**Exercise aim**
From the data below, set down exactly the lines between the one holding "-- Calls one" and the one holding "-- No byte is", inclusive, and no others.

**Stored data entries**
____
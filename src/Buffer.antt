-- ===== src/Buffer.antt =====
-- utils/threadsafe_buffer.c: the bytes that a reader has not fetched yet. Each function holds the
-- lock of the context from its first access to its last, so the calls of several threads are a
-- sequence of calls. A context that is NULL is left out.
pub mod Fifo
mod Tests
use c_libp2p.Base.{ℕ, ◌+◌, ◌-◌, List, [], ◌++◌, Option, none, some, length, take, drop}
use c_libp2p.Base.{Bool, ltb, ◌&&◌, ◌==◌, if◌then◌else◌}

-- struct ThreadsafeBufferContext, less its lock. `none` is a buffer that is NULL.
pub record Buffer : Type 0 where
  pub buffer_size : ℕ
  pub buffer : Option (List ℕ)

-- threadsafe_buffer_context_new
abbrev pub buffer_new : Buffer
buffer_new = record { buffer_size = 0; buffer = none }

-- threadsafe_buffer_peek
unfoldable pub peek : ℕ → Buffer → List ℕ
peek results_size c = elim c.buffer [
  | none ↦ []
  | some bs ↦
      if ltb 0 c.buffer_size
      then take (if ltb results_size c.buffer_size then results_size else c.buffer_size) bs
      else []
]

-- the size of the buffer after a read of `n` bytes, and what is copied to a new one
abbrev pub shrink : ℕ → Buffer → Buffer
shrink n c =
    if ltb 0 (c.buffer_size - n)
    then record {
      buffer_size = c.buffer_size - n;
      buffer = elim c.buffer [ none ↦ none | some bs ↦ some (drop n bs) ];
    }
    else record { buffer_size = 0; buffer = none }

-- threadsafe_buffer_read: the bytes, and the context after it
unfoldable pub read : ℕ → Buffer → List ℕ × Buffer
read results_size c =
    let got = peek results_size c in (got, if ltb 0 (length got) then shrink (length got) c else c)

-- threadsafe_buffer_write: the size that was added. `room` says that realloc finds memory.
unfoldable pub write : Bool → List ℕ → Buffer → ℕ × Buffer
write room bytes c =
    if length bytes == 0
    then (0, c)
    else if room
    then (
      length bytes,
      record {
        buffer_size = c.buffer_size + length bytes;
        buffer = some (elim c.buffer [ none ↦ bytes | some bs ↦ bs ++ bytes ]);
      },
    )
    else (0, c)
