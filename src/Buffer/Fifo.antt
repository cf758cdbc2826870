-- ===== src/Buffer/Fifo.antt =====
-- The buffer against the abstract view of it: a queue of bytes.
use c_libp2p.Base.{ℕ, ◌-◌, ◌<◌, ◌≡◌, refl, sym, ap, ap₂, ◌∙◌, List, [], ◌∷◌, ◌++◌, Option, none}
use c_libp2p.Base.{some, length, take, drop, arith, min, length-append, length-take, length-drop}
use c_libp2p.Base.{
  take-append-drop, append_assoc, append-nil, take_all, drop_all, Bool, true, false,
}
use c_libp2p.Base.{ltb, ◌==◌, if◌then◌else◌, Bool-cases, inl, inr}
use c_libp2p.Buffer.{Buffer, peek, shrink, read, write}

-- the bytes that the buffer holds
abbrev pub contents : Buffer → List ℕ
contents c = elim c.buffer [ none ↦ [] | some bs ↦ bs ]

-- `buffer_size` is the number of bytes there, and a buffer without bytes is NULL.
abbrev pub IsBuffer : Buffer → Type 0
IsBuffer c = elim c.buffer [
  | none ↦ c.buffer_size ≡ 0
  | some bs ↦ (length bs ≡ c.buffer_size) × (0 < c.buffer_size)
]

-- A call of one thread, in the order in which the lock was had. The Boolean of a write says that
-- there is memory.
pub data Call : Type 0 where
  fetch look : ℕ → Call
  store : Bool → List ℕ → Call

-- the bytes that a call returns, and the context after it
abbrev pub called : Call → Buffer → List ℕ × Buffer
called (fetch n) c = read n c
called (look n) c = (peek n c, c)
called (store room bytes) c = ([], (write room bytes c).1)

-- the same on a queue
abbrev pub queued : Call → List ℕ → List ℕ × List ℕ
queued (fetch n) q = (take n q, drop n q)
queued (look n) q = (take n q, q)
queued (store room bytes) q = ([], if room then q ++ bytes else q)

cut :
    (n size : ℕ) (bs : List ℕ)
    → length bs ≡ size
    → 0 < size
    → (if ltb 0 size then take (if ltb n size then n else size) bs else []) ≡ take n bs
cut n size bs e pos = elim (Bool-cases (ltb n size)) [
  | inl less ↦ let some_there : ltb 0 size ≡ true = ground arith in rw (some_there, less)
  | inr more ↦
      let some_there : ltb 0 size ≡ true = ground arith in
      rw (some_there, more) (take_all size bs (omega arith) ∙ sym (take_all n bs (ground arith)))
]

-- a context that holds `bs`
abbrev filled : ℕ → List ℕ → Buffer
filled size bs = record { buffer_size = size; buffer = some bs }

abbrev after_read : ℕ → Buffer → Buffer
after_read m c = if ltb 0 m then shrink m c else c

read_some :
    (n m size : ℕ) (bs : List ℕ)
    → length bs ≡ size
    → 0 < size
    → m ≡ min n size
    → (contents (after_read m (filled size bs)) ≡ drop n bs)
      × IsBuffer (after_read m (filled size bs))
read_some n m size bs e pos cut_off = elim (Bool-cases (ltb 0 m)) [
  | inr nothing ↦ let zero_bytes : n ≡ 0 = ground arith in rw (nothing, zero_bytes) (refl, (e, pos))
  | inl some_bytes ↦ elim (Bool-cases (ltb 0 (size - m))) [
    | inl more ↦
        let same : m ≡ n = ground arith in
        let left : length (drop m bs) ≡ size - m = omega (arith, length-drop m bs) in
        rw (some_bytes, more) (ap (λ k. drop k bs) same, (left, ground arith))
    | inr all ↦ rw (some_bytes, all) (sym (drop_all n bs (ground arith)), refl)
  ]
]

not_empty : (b : ℕ) (bytes : List ℕ) → (length (b ∷ bytes) == 0) ≡ false
not_empty b bytes = ground arith

called_parts :
    (k : Call) (size : ℕ) (o : Option (List ℕ))
    → let c : Buffer = record { buffer_size = size; buffer = o } in
      IsBuffer c
      → ((called k c).0 ≡ (queued k (contents c)).0)
        × (contents (called k c).1 ≡ (queued k (contents c)).1)
        × IsBuffer (called k c).1
unfolding read peek write
called_parts (look n) size none h = (sym (take_all n [] (omega arith)), refl, h)
called_parts (look n) size (some bs) (e, pos) = (cut n size bs e pos, refl, (e, pos))
called_parts (fetch n) size none h =
    (sym (take_all n [] (omega arith)), sym (drop_all n [] (omega arith)), h)
called_parts (fetch n) size (some bs) (e, pos) =
    let got = cut n size bs e pos in
    let out = read_some n (length (take n bs)) size bs e pos (omega (arith, length-take n bs)) in
    rw got (refl, out.0, out.1)
called_parts (store true []) size o h = (refl, sym (append-nil _), h)
called_parts (store false []) size o h = (refl, refl, h)
called_parts (store false (b ∷ bytes)) size o h = rw (not_empty b bytes) (refl, refl, h)
called_parts (store true (b ∷ bytes)) size none h =
    rw (not_empty b bytes) (refl, refl, (omega arith, omega arith))
called_parts (store true (b ∷ bytes)) size (some bs) (e, pos) =
    rw (not_empty b bytes) (refl, refl, (omega (arith, length-append bs (b ∷ bytes)), omega arith))

called_lem :
    (k : Call) (c : Buffer)
    → IsBuffer c
    → ((called k c).0 ≡ (queued k (contents c)).0)
      × (contents (called k c).1 ≡ (queued k (contents c)).1)
      × IsBuffer (called k c).1
called_lem k c h = called_parts k c.buffer_size c.buffer h

-- Calls one after the other: what each returns, and the end.
abbrev pub call_all : List Call → Buffer → List (List ℕ) × Buffer
call_all [] c = ([], c)
call_all (k ∷ ks) c = let rest = call_all ks (called k c).1 in ((called k c).0 ∷ rest.0, rest.1)

abbrev pub queue_all : List Call → List ℕ → List (List ℕ) × List ℕ
queue_all [] q = ([], q)
queue_all (k ∷ ks) q = let rest = queue_all ks (queued k q).1 in ((queued k q).0 ∷ rest.0, rest.1)

-- the bytes that the fetches return, and those that the stores bring, in order
abbrev pub fetched : List Call → Buffer → List ℕ
fetched [] c = []
fetched (fetch n ∷ ks) c = (read n c).0 ++ fetched ks (read n c).1
fetched (look n ∷ ks) c = fetched ks c
fetched (store room bytes ∷ ks) c = fetched ks (write room bytes c).1

abbrev pub stored : List Call → List ℕ
stored [] = []
stored (fetch n ∷ ks) = stored ks
stored (look n ∷ ks) = stored ks
stored (store room bytes ∷ ks) = (if room then bytes else []) ++ stored ks

-- No byte is lost, doubled or overtaken: what the readers fetched, and then what is left, is what
-- was there, and then what the writers stored.
pub fetched-stored :
    (ks : List Call) (c : Buffer)
    → IsBuffer c
    → fetched ks c ++ contents (call_all ks c).1 ≡ contents c ++ stored ks
fetched-stored [] c h = sym (append-nil (contents c))
fetched-stored (look n ∷ ks) c h = fetched-stored ks c h
fetched-stored (fetch n ∷ ks) c h =
    let (answer, left, ok) = called_lem (fetch n) c h in
    append_assoc (read n c).0 (fetched ks (read n c).1) _
    ∙ ap (λ l. (read n c).0 ++ l) (fetched-stored ks (read n c).1 ok)
    ∙ ap₂ (λ a l. a ++ (l ++ stored ks)) answer left
    ∙ sym (append_assoc (take n (contents c)) (drop n (contents c)) (stored ks))
    ∙ ap (λ l. l ++ stored ks) (take-append-drop n (contents c))
fetched-stored (store true bytes ∷ ks) c h =
    let (answer, left, ok) = called_lem (store true bytes) c h in
    fetched-stored ks (write true bytes c).1 ok
    ∙ ap (λ l. l ++ stored ks) left
    ∙ append_assoc (contents c) bytes (stored ks)
fetched-stored (store false bytes ∷ ks) c h =
    let (answer, left, ok) = called_lem (store false bytes) c h in
    fetched-stored ks (write false bytes c).1 ok ∙ ap (λ l. l ++ stored ks) left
____
**Written solution**
-- Calls one after the other: what each returns, and the end.
abbrev pub call_all : List Call → Buffer → List (List ℕ) × Buffer
call_all [] c = ([], c)
call_all (k ∷ ks) c = let rest = call_all ks (called k c).1 in ((called k c).0 ∷ rest.0, rest.1)

abbrev pub queue_all : List Call → List ℕ → List (List ℕ) × List ℕ
queue_all [] q = ([], q)
queue_all (k ∷ ks) q = let rest = queue_all ks (queued k q).1 in ((queued k q).0 ∷ rest.0, rest.1)

-- the bytes that the fetches return, and those that the stores bring, in order
abbrev pub fetched : List Call → Buffer → List ℕ
fetched [] c = []
fetched (fetch n ∷ ks) c = (read n c).0 ++ fetched ks (read n c).1
fetched (look n ∷ ks) c = fetched ks c
fetched (store room bytes ∷ ks) c = fetched ks (write room bytes c).1

abbrev pub stored : List Call → List ℕ
stored [] = []
stored (fetch n ∷ ks) = stored ks
stored (look n ∷ ks) = stored ks
stored (store room bytes ∷ ks) = (if room then bytes else []) ++ stored ks

-- No byte is lost, doubled or overtaken: what the readers fetched, and then what is left, is what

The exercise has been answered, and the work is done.